Segment Start: MATERIAL TO PROCESS

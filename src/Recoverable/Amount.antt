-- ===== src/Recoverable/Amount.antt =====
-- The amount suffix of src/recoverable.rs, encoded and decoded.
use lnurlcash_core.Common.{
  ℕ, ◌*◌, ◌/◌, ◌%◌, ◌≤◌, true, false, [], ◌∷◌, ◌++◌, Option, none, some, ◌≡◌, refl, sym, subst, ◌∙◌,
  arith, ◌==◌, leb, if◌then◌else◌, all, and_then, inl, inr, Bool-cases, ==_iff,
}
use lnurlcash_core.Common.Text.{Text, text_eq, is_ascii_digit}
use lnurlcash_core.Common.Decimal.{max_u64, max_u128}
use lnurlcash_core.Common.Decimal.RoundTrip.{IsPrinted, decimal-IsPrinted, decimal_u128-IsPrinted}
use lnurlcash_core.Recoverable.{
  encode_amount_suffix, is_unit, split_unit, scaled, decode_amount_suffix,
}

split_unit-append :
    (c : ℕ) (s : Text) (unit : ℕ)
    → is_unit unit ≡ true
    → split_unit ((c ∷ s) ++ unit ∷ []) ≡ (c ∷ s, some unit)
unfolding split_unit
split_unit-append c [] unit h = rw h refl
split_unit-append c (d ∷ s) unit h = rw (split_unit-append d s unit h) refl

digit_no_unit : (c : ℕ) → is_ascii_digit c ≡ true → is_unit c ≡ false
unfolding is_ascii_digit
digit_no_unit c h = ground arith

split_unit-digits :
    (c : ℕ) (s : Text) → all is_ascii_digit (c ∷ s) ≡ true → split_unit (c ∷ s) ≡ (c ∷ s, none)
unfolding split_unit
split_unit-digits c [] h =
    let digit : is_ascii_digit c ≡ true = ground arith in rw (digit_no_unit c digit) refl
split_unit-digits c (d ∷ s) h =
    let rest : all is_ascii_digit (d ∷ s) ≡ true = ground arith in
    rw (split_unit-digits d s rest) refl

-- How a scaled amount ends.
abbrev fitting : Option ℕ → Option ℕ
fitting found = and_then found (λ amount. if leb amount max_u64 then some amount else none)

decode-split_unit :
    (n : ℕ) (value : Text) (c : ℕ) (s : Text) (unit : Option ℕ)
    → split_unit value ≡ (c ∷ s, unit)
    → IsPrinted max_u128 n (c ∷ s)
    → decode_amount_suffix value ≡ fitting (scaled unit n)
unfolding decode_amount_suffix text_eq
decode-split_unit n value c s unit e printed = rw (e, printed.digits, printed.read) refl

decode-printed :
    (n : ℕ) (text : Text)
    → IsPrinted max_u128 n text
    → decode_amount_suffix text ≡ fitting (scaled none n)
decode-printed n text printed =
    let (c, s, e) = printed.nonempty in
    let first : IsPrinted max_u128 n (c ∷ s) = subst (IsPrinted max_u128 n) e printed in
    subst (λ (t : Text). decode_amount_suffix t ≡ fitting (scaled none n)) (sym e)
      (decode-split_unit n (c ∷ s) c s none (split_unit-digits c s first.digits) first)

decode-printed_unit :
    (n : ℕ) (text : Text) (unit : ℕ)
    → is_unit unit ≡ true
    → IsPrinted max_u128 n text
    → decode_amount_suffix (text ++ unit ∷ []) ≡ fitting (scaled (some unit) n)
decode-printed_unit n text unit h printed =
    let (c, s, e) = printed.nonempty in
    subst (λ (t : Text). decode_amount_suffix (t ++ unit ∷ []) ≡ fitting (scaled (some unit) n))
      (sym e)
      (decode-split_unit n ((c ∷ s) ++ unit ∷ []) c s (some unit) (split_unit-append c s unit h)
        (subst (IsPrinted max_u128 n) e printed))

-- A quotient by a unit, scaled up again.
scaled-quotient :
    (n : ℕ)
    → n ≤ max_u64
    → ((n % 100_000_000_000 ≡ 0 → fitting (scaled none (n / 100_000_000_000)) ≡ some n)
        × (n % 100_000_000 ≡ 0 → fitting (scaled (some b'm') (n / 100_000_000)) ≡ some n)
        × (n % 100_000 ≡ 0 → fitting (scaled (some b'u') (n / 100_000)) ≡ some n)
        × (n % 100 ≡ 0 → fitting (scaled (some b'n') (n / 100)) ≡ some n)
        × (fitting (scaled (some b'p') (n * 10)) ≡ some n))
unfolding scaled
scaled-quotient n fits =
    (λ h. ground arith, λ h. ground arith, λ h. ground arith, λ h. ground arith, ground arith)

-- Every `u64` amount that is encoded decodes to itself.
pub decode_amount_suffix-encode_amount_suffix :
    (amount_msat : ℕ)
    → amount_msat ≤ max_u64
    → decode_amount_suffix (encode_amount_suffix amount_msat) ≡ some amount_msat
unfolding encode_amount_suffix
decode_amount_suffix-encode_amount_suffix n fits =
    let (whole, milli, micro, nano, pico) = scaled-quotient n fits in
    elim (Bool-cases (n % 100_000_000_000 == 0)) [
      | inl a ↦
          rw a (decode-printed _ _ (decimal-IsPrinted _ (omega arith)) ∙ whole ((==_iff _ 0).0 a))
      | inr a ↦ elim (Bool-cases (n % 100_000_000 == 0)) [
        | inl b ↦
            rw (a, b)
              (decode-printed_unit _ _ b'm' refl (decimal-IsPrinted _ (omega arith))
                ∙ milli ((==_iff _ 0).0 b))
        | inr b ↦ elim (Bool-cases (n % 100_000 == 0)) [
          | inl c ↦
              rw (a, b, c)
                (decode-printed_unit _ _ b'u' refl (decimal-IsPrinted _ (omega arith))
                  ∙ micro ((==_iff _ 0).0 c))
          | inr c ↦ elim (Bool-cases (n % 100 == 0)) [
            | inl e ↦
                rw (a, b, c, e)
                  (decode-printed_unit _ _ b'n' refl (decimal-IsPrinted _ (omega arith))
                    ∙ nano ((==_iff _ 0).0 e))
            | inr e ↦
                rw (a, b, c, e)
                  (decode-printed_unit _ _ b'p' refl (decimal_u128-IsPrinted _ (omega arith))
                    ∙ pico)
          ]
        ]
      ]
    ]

Segment End: MATERIAL TO PROCESS
Segment Start: MATERIAL TO PROCESS

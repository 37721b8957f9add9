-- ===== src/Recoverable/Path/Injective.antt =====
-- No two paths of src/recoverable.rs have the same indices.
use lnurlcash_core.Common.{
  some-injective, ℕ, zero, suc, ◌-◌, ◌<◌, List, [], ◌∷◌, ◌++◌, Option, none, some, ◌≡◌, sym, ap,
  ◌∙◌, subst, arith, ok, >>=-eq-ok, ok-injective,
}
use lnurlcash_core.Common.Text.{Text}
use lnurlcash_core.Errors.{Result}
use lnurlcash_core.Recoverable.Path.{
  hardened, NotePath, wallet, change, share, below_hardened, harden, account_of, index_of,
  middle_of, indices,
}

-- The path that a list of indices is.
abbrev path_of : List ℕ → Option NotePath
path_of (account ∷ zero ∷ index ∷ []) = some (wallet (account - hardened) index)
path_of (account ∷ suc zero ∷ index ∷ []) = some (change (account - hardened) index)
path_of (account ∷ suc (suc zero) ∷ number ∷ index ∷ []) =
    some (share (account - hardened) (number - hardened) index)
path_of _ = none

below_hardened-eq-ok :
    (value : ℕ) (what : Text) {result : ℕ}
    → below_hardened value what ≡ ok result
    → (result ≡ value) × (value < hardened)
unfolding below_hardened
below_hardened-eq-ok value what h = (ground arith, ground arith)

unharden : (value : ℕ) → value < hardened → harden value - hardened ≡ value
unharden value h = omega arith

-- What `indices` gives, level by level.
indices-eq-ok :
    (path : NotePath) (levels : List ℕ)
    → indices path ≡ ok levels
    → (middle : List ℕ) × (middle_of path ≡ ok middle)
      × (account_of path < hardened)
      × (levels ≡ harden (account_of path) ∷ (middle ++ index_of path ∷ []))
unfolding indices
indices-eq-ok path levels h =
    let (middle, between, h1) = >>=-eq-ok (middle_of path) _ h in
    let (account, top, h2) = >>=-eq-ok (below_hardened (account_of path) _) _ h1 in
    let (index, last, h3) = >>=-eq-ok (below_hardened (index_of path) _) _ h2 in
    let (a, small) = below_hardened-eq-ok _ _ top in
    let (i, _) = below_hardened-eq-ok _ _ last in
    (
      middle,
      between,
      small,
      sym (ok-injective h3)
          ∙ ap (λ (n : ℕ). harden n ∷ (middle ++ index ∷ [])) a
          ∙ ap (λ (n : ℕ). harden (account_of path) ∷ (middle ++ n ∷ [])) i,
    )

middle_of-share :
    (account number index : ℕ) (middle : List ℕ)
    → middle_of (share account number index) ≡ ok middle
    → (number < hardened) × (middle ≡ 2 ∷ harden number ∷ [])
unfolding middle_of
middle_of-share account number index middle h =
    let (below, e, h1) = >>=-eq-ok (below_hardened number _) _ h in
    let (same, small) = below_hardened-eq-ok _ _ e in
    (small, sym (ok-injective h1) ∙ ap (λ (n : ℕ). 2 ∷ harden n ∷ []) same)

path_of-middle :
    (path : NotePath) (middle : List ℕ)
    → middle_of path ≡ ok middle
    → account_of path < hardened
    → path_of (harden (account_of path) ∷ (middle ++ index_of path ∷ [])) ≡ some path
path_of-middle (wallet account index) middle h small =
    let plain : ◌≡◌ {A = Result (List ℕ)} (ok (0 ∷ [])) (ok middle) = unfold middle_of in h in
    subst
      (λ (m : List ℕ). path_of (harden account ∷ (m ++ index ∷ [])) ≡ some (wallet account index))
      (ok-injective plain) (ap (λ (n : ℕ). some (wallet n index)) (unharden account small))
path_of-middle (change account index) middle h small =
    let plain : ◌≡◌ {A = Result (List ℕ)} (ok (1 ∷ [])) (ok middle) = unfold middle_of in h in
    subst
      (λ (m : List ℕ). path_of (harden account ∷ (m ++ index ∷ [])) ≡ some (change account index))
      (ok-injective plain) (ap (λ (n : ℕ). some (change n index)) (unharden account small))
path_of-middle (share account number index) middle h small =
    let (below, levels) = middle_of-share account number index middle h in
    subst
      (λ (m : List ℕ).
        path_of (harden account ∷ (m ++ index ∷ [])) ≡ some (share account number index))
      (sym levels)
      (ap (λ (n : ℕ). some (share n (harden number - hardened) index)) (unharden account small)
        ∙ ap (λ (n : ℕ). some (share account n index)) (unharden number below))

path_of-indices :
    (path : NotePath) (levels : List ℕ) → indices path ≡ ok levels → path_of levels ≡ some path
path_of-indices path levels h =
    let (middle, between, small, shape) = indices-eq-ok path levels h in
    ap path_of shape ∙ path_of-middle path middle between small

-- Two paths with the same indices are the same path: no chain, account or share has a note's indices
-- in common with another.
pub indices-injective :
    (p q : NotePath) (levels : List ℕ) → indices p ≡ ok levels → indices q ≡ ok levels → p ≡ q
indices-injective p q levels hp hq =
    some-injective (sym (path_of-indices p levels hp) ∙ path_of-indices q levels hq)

Segment End: MATERIAL TO PROCESS

Each line above from the one with "let rest : all" up to and including the one with "fitting found = and_then" must be set down exactly, and no line outside that span may appear.

    let rest : all is_ascii_digit (d ∷ s) ≡ true = ground arith in
    rw (split_unit-digits d s rest) refl

-- How a scaled amount ends.
abbrev fitting : Option ℕ → Option ℕ
fitting found = and_then found (λ amount. if leb amount max_u64 then some amount else none)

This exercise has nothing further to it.